— WHAT TO DO —
Below are some records. Print exactly the lines between the one holding "full-IsHistory chunk _" and the one holding "-- When no log", inclusive, and nothing else.

=-=-=-=-=

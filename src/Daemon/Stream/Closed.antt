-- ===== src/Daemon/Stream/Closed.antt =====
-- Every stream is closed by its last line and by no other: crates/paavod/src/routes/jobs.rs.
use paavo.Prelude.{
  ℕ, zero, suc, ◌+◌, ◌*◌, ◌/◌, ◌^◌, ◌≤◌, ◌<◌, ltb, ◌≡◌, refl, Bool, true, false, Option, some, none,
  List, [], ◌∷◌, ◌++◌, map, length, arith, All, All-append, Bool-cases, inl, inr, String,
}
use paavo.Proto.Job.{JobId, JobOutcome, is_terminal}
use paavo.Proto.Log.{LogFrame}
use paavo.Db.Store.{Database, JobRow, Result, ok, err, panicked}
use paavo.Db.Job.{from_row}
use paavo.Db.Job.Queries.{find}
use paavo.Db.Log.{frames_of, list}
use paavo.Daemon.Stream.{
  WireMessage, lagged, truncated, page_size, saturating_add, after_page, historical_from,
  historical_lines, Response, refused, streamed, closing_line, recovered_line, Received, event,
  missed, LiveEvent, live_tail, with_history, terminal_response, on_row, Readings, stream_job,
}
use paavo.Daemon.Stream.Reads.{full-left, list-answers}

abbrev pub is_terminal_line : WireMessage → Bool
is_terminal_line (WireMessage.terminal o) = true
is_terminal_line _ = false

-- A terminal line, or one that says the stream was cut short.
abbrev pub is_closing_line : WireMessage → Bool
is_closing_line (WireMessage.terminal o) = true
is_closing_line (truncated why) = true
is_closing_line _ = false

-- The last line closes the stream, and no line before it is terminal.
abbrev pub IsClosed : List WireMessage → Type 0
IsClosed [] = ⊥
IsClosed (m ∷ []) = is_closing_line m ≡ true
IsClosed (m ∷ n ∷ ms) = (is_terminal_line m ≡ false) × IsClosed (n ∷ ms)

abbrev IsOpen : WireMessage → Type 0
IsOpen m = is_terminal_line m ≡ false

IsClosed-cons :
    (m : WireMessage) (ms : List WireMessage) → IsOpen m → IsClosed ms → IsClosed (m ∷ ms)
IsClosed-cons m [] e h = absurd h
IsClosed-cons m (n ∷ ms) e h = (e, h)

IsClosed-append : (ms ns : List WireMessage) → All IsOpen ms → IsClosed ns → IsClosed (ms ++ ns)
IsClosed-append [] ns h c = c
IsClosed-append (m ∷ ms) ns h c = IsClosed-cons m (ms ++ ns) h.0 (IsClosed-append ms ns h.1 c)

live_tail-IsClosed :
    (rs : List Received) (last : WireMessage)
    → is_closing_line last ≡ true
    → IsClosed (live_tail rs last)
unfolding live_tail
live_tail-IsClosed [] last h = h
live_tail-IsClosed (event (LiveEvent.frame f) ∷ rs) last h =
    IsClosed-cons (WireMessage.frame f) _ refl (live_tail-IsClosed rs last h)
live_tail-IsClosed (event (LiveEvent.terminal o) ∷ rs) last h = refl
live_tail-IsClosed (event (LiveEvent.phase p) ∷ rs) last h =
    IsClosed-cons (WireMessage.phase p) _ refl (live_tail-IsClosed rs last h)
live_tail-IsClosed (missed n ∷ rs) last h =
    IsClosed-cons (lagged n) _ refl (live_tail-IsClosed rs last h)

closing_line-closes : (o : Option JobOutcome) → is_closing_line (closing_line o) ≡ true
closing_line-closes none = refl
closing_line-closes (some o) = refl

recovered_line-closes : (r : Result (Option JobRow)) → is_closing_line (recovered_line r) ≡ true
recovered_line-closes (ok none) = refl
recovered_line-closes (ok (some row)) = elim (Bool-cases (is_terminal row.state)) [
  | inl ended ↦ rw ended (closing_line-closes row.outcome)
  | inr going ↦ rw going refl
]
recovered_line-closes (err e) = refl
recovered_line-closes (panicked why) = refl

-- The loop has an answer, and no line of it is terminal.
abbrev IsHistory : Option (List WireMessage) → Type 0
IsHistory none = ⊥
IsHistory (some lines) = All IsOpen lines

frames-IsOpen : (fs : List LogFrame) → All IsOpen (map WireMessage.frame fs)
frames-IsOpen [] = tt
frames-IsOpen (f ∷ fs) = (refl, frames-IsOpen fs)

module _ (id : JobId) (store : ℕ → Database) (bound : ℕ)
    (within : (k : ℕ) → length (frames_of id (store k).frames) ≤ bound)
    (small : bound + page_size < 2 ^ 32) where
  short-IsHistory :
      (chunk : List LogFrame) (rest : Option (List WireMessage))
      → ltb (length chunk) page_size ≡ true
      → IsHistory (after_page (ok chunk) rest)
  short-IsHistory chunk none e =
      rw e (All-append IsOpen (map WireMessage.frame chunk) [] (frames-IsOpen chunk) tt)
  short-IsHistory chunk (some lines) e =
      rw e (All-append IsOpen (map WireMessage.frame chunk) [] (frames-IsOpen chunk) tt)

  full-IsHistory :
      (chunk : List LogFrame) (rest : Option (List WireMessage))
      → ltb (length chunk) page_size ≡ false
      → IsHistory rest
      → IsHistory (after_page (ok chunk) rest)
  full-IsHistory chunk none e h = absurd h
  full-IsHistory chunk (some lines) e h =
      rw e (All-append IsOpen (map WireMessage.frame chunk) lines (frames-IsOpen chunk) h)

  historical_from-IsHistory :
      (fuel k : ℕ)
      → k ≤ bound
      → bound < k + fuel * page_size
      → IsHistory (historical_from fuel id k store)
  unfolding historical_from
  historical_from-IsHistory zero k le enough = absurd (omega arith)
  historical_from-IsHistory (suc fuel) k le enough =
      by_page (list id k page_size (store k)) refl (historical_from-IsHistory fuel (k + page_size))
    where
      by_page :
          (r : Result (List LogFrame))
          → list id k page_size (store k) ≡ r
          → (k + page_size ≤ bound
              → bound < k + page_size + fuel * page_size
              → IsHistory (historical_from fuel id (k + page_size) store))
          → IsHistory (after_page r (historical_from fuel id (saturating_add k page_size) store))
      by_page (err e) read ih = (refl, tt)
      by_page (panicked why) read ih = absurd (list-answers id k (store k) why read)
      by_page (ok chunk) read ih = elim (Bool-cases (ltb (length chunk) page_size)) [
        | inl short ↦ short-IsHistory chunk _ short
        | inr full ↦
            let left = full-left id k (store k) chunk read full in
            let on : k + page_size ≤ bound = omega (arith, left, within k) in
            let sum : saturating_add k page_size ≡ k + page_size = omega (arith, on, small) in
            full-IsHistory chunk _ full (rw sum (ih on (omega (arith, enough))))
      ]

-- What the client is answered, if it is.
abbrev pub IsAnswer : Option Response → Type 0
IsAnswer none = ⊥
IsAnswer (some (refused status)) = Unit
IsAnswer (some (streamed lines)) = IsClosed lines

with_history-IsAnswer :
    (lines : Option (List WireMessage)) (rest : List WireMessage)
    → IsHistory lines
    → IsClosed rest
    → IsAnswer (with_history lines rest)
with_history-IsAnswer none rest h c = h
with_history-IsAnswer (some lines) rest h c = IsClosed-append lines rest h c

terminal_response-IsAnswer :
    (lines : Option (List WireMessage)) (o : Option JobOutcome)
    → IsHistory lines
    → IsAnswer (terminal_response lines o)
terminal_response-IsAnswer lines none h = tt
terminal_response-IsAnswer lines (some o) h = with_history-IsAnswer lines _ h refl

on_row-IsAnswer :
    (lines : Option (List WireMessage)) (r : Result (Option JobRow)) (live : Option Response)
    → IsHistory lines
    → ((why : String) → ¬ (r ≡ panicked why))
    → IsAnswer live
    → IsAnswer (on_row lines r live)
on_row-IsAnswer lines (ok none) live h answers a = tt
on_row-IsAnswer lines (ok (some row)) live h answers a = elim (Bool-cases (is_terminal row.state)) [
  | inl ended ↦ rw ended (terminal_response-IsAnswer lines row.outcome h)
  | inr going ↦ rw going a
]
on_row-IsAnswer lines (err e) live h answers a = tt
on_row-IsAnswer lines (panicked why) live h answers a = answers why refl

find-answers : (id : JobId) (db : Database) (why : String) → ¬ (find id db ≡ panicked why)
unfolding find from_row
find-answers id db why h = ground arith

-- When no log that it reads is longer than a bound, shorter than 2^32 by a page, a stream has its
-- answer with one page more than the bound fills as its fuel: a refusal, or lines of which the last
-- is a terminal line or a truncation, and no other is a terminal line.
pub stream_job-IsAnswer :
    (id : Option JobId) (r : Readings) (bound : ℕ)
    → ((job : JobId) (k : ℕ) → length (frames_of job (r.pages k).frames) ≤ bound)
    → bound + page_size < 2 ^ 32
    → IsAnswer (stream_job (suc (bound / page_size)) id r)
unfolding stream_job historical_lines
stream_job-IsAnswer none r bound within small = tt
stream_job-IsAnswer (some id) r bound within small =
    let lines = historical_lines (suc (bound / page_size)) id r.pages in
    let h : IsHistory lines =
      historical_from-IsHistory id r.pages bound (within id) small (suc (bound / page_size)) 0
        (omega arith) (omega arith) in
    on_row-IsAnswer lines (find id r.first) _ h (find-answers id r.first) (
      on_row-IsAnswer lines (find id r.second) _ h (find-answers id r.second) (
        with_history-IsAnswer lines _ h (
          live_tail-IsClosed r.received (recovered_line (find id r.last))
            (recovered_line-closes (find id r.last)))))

=-=-=-=-=

— WRITTEN ANSWER —
            full-IsHistory chunk _ full (rw sum (ih on (omega (arith, enough))))
      ]

-- What the client is answered, if it is.
abbrev pub IsAnswer : Option Response → Type 0
IsAnswer none = ⊥
IsAnswer (some (refused status)) = Unit
IsAnswer (some (streamed lines)) = IsClosed lines

with_history-IsAnswer :
    (lines : Option (List WireMessage)) (rest : List WireMessage)
    → IsHistory lines
    → IsClosed rest
    → IsAnswer (with_history lines rest)
with_history-IsAnswer none rest h c = h
with_history-IsAnswer (some lines) rest h c = IsClosed-append lines rest h c

terminal_response-IsAnswer :
    (lines : Option (List WireMessage)) (o : Option JobOutcome)
    → IsHistory lines
    → IsAnswer (terminal_response lines o)
terminal_response-IsAnswer lines none h = tt
terminal_response-IsAnswer lines (some o) h = with_history-IsAnswer lines _ h refl

on_row-IsAnswer :
    (lines : Option (List WireMessage)) (r : Result (Option JobRow)) (live : Option Response)
    → IsHistory lines
    → ((why : String) → ¬ (r ≡ panicked why))
    → IsAnswer live
    → IsAnswer (on_row lines r live)
on_row-IsAnswer lines (ok none) live h answers a = tt
on_row-IsAnswer lines (ok (some row)) live h answers a = elim (Bool-cases (is_terminal row.state)) [
  | inl ended ↦ rw ended (terminal_response-IsAnswer lines row.outcome h)
  | inr going ↦ rw going a
]
on_row-IsAnswer lines (err e) live h answers a = tt
on_row-IsAnswer lines (panicked why) live h answers a = answers why refl

find-answers : (id : JobId) (db : Database) (why : String) → ¬ (find id db ≡ panicked why)
unfolding find from_row
find-answers id db why h = ground arith

-- When no log that it reads is longer than a bound, shorter than 2^32 by a page, a stream has its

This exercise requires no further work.